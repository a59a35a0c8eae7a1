-- ===== src/Microtools/Tests.antt =====
-- Runs of InitCmd, of readVersionInfo and of GetContextServerName, and the theorems at them.
use go_toolkits.Base.{
  ℕ, ◌≡◌, refl, ◌↔◌, true, false, Option, none, some, List, [], ◌∷◌, ◌++◌, if◌then◌else◌,
}
use go_toolkits.Base.Bytes.{Bytes, codes, same, contains_byte}
use go_toolkits.Cli.{Parsed, duration, invalid, read_flags}
use go_toolkits.Log.Query.{trim_space}
use go_toolkits.Microtools.{
  Context, init_cmd, read_version_info, prefix_of, get_service_prefix, read_options,
  get_context_server_name,
}
use go_toolkits.Microtools.ServerName.{get_context_server_name_iff}

abbrev flags : go_toolkits.Cli.Context
flags = record {
  string = λ n. if same n (codes "server_name") then codes "quote" else [];
  int = λ n. 0;
}

get_context_server_name_iff_example :
    (get_context_server_name (some ((read_flags flags).service_name ∷ []))
      ≡ (read_flags flags).server_name)
    ↔ (contains_byte (codes "quote") b'-' ≡ false)
unfolding same
get_context_server_name_iff_example = get_context_server_name_iff flags b'q' (codes "uote") refl

abbrev options : Context
options = record {
  string = λ n. if same n (codes "server_name") then codes "a-b" else [];
  int = λ n. 0;
  string_slice = λ n. [];
}

abbrev version_file : Option (List Bytes)
version_file = some (codes "version: 1" ∷ codes "env:dev" ∷ codes "version: 2 " ∷ [])

versions : read_version_info version_file ≡ (trim_space (codes " 2 "), trim_space (codes "dev"))
unfolding read_version_info go_toolkits.Microtools.read_lines go_toolkits.Microtools.read_line
    go_toolkits.Base.Bytes.has_prefix
versions = refl

dashed_server : get_context_server_name (some (codes "go-a-b" ∷ [])) ≡ codes "b"
unfolding get_context_server_name go_toolkits.Cli.get_context_service
    go_toolkits.Microtools.behind_dash go_toolkits.Microtools.last_dash
dashed_server = refl

abbrev parse : Bytes → Parsed ℕ
parse s = invalid 1

version_of_init :
    (init_cmd parse (λ c. none) version_file options).0.version ≡ trim_space (codes " 2 ")
unfolding init_cmd same go_toolkits.Microtools.finish read_version_info
    go_toolkits.Microtools.read_lines go_toolkits.Microtools.read_line
    go_toolkits.Base.Bytes.has_prefix
version_of_init = refl

prefixed : prefix_of (codes "a" ∷ [] ∷ codes "b" ∷ []) ≡ codes "a-b-"
unfolding prefix_of go_toolkits.Microtools.format_strings go_toolkits.Microtools.format_from
prefixed = refl

service_prefix : get_service_prefix (read_options options) ≡ codes "a-b-"
unfolding get_service_prefix read_options go_toolkits.Microtools.format_strings
    go_toolkits.Microtools.format_from same
service_prefix = refl
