-- ===== src/Observable.antt =====
-- observable/: callbacks by event. A callback is known by a number, as fn == cb.fn compares the
-- values of functions; A stands for parameters. Callbacks do not use the observable themselves. A
-- panic is none. Event names are ASCII, where strings.Fields cuts at six bytes.
pub mod Off
pub mod Once
pub mod Order
mod Rounds
mod Tests
use go_toolkits.Base.{
  ℕ, zero, suc, ◌+◌, ◌-◌, Bool, true, false, not, ◌&&◌, ◌||◌, Option, none, some, List, [], ◌∷◌,
  ◌++◌, map, ◌==◌, leb, ltb, if◌then◌else◌, length, get_elem?, take, drop,
}
use go_toolkits.Base.Bytes.{Bytes, codes, same, is_empty}
use go_toolkits.Base.Assoc.{Assoc, bytes_eq, lookup, insert, remove}

-- callback
pub record Callback : Type 0 where
  pub event : Bytes
  pub fn : ℕ
  pub is_unique : Bool
  pub is_typed : Bool
  pub was_called : Bool

-- An argument of a call: the name of an event, or a parameter of Trigger.
pub data Arg (A : Type 0) : Type 0 where
  name : Bytes → Arg A
  param : A → Arg A

-- Observable, without its mutex.
abbrev pub Observable : Type 0
Observable = Assoc Bytes (List Callback)

abbrev pub Calls : Type 0 → Type 0
Calls A = List (ℕ × List (Arg A))

-- ALL_EVENTS_NAMESPACE
abbrev pub all_events : Bytes
all_events = codes "*"

is_space : ℕ → Bool
is_space c = c == 32 || (leb 9 c && leb c 13)

add_field : Bytes → List Bytes → List Bytes
add_field [] fs = fs
add_field (c ∷ s) fs = (c ∷ s) ∷ fs

fields_from : Bytes → Bytes → List Bytes
fields_from word [] = add_field word []
fields_from word (c ∷ s) =
    let here = add_field word (fields_from [] s) in
    let on = fields_from (word ++ c ∷ []) s in if is_space c then here else on

-- strings.Fields
pub fields : Bytes → List Bytes
fields s = fields_from [] s

pub callbacks_at : Bytes → Observable → List Callback
callbacks_at s o = elim (lookup s o) [ none ↦ [] | some cbs ↦ cbs ]

add_each : List Bytes → ℕ → Bool → Bool → Observable → Observable
add_each [] fn is_unique is_typed o = o
add_each (s ∷ ss) fn is_unique is_typed o =
    let cb : Callback = record {
      event = s;
      fn = fn;
      is_unique = is_unique;
      is_typed = is_typed;
      was_called = false;
    } in
    add_each ss fn is_unique is_typed (insert s (callbacks_at s o ++ cb ∷ []) o)

-- addCallback
pub add_callback : Bytes → ℕ → Bool → Observable → Observable
add_callback event fn is_unique o =
    add_each (fields event) fn is_unique (ltb 1 (length (fields event))) o

-- On, and Once.
pub on : Bytes → ℕ → Observable → Observable
on event fn o = add_callback event fn false o

pub once : Bytes → ℕ → Observable → Observable
once event fn o = add_callback event fn true o

-- A slice that starts at its array.
pub record Slice : Type 0 where
  pub array : List Callback
  pub len : ℕ

-- append(s[:i], s[i+1:]...), which moves the end down in the array itself; out of bounds if i + 1
-- is above the length.
pub remove_at : ℕ → Slice → Option Slice
remove_at i s =
    if leb (i + 1) s.len
    then some (record {
      array = take i s.array ++ (drop (i + 1) (take s.len s.array) ++ drop (s.len - 1) s.array);
      len = s.len - 1;
    })
    else none

-- The loop of remove from i on, with n rounds left. It ranges over the slice as it was at first, and
-- so over the array that the rounds change.
pub remove_from : ℕ → ℕ → ℕ → Slice → Option Slice
remove_from zero fn i s = some s
remove_from (suc n) fn i s = elim (get_elem? s.array i) [
  | none ↦ none
  | some cb ↦ elim (cb.fn == fn) [
    | true ↦ elim (remove_at i s) [ none ↦ none | some s' ↦ remove_from n fn (i + 1) s' ]
    | false ↦ remove_from n fn (i + 1) s
  ]
]

-- The callbacks that remove leaves.
pub remove_all : ℕ → List Callback → Option (List Callback)
remove_all fn cbs =
    elim (remove_from (length cbs) fn 0 (record { array = cbs; len = length cbs })) [
      | none ↦ none
      | some s ↦ some (take s.len s.array)
    ]

-- remove
pub remove_callback : Bytes → ℕ → Observable → Option Observable
remove_callback s fn o = elim (remove_all fn (callbacks_at s o)) [
  | none ↦ none
  | some [] ↦ some (remove s o)
  | some (cb ∷ cbs) ↦ some (insert s (cb ∷ cbs) o)
]

-- cleanEvent
pub clean_event : Bytes → Observable → Observable
clean_event s o = if same s all_events then [] else remove s o

remove_each : List Bytes → ℕ → Observable → Option Observable
remove_each [] fn o = some o
remove_each (s ∷ ss) fn o = elim (remove_callback s fn o) [
  | none ↦ none
  | some o' ↦ remove_each ss fn o'
]

clean_each : List Bytes → Observable → Observable
clean_each [] o = o
clean_each (s ∷ ss) o = clean_each ss (clean_event s o)

-- Off, with the callback if one is given.
pub off : Bytes → Option ℕ → Observable → Option Observable
off event fn o = if same event all_events then some (clean_event event o) else elim fn [
  | none ↦ some (clean_each (fields event) o)
  | some f ↦ remove_each (fields event) f o
]

pub mark : Callback → Callback
mark cb = if cb.is_unique then record cb { was_called = true } else cb

pub ready : List Callback → List Callback
ready [] = []
ready (cb ∷ cbs) =
    let rest = ready cbs in if cb.is_unique && cb.was_called then rest else mark cb ∷ rest

-- getCallbacks: the observable with its callbacks marked, and those to call.
pub get_callbacks : Bytes → Observable → Observable × List Callback
get_callbacks s o = elim (lookup s o) [
  | none ↦ (o, [])
  | some cbs ↦ (insert s (map mark cbs) o, ready cbs)
]

module _ {A : Type 0} where
  -- The loop of dispatchEvents. `args` is the variable outside the loop.
  pub dispatch_loop :
      List Callback → List (Arg A) → Observable → Calls A → Option (Observable × Calls A)
  dispatch_loop [] args o calls = some (o, calls)
  dispatch_loop (cb ∷ cbs) args o calls =
      let args' = if cb.is_typed then name cb.event ∷ args else args in
      let calls' = calls ++ (cb.fn, args') ∷ [] in
      elim (cb.is_unique && cb.was_called) [
        | true ↦ elim (remove_callback cb.event cb.fn o) [
          | none ↦ none
          | some o' ↦ dispatch_loop cbs args' o' calls'
        ]
        | false ↦ dispatch_loop cbs args' o calls'
      ]

  -- dispatchEvents: the calls that are made are added to those before.
  pub dispatch_events : Bytes → List (Arg A) → Observable → Calls A → Option (Observable × Calls A)
  dispatch_events s args o calls =
      let (o', cbs) = get_callbacks s o in dispatch_loop cbs args o' calls

  trigger_each : List Bytes → List (Arg A) → Observable → Calls A → Option (Observable × Calls A)
  trigger_each [] args o calls = some (o, calls)
  trigger_each (s ∷ ss) args o calls = elim (dispatch_events s args o calls) [
    | none ↦ none
    | some (o', calls') ↦ trigger_each ss args o' calls'
  ]

  -- Trigger: the observable afterwards, and the calls in their order.
  pub trigger : Bytes → List A → Observable → Option (Observable × Calls A)
  trigger event params o =
      let args = map (λ p. param p) params in
      elim (trigger_each (fields event) args o []) [
        | none ↦ none
        | some (o', calls) ↦
            if same event all_events
            then some (o', calls)
            else dispatch_events all_events (name event ∷ args) o' calls
      ]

• WHAT TO DO: Transcribe, with no changes, the listing above from its first line through the line with "unfolding same", including that line, and stop once it is done.

• RESPONSE TO THIS TASK:
repository a59a35a0c8eae7a1
-- ===== src/Microtools/Tests.antt =====
-- Runs of InitCmd, of readVersionInfo and of GetContextServerName, and the theorems at them.
use go_toolkits.Base.{
  ℕ, ◌≡◌, refl, ◌↔◌, true, false, Option, none, some, List, [], ◌∷◌, ◌++◌, if◌then◌else◌,
}
use go_toolkits.Base.Bytes.{Bytes, codes, same, contains_byte}
use go_toolkits.Cli.{Parsed, duration, invalid, read_flags}
use go_toolkits.Log.Query.{trim_space}
use go_toolkits.Microtools.{
  Context, init_cmd, read_version_info, prefix_of, get_service_prefix, read_options,
  get_context_server_name,
}
use go_toolkits.Microtools.ServerName.{get_context_server_name_iff}

abbrev flags : go_toolkits.Cli.Context
flags = record {
  string = λ n. if same n (codes "server_name") then codes "quote" else [];
  int = λ n. 0;
}

get_context_server_name_iff_example :
    (get_context_server_name (some ((read_flags flags).service_name ∷ []))
      ≡ (read_flags flags).server_name)
    ↔ (contains_byte (codes "quote") b'-' ≡ false)
unfolding same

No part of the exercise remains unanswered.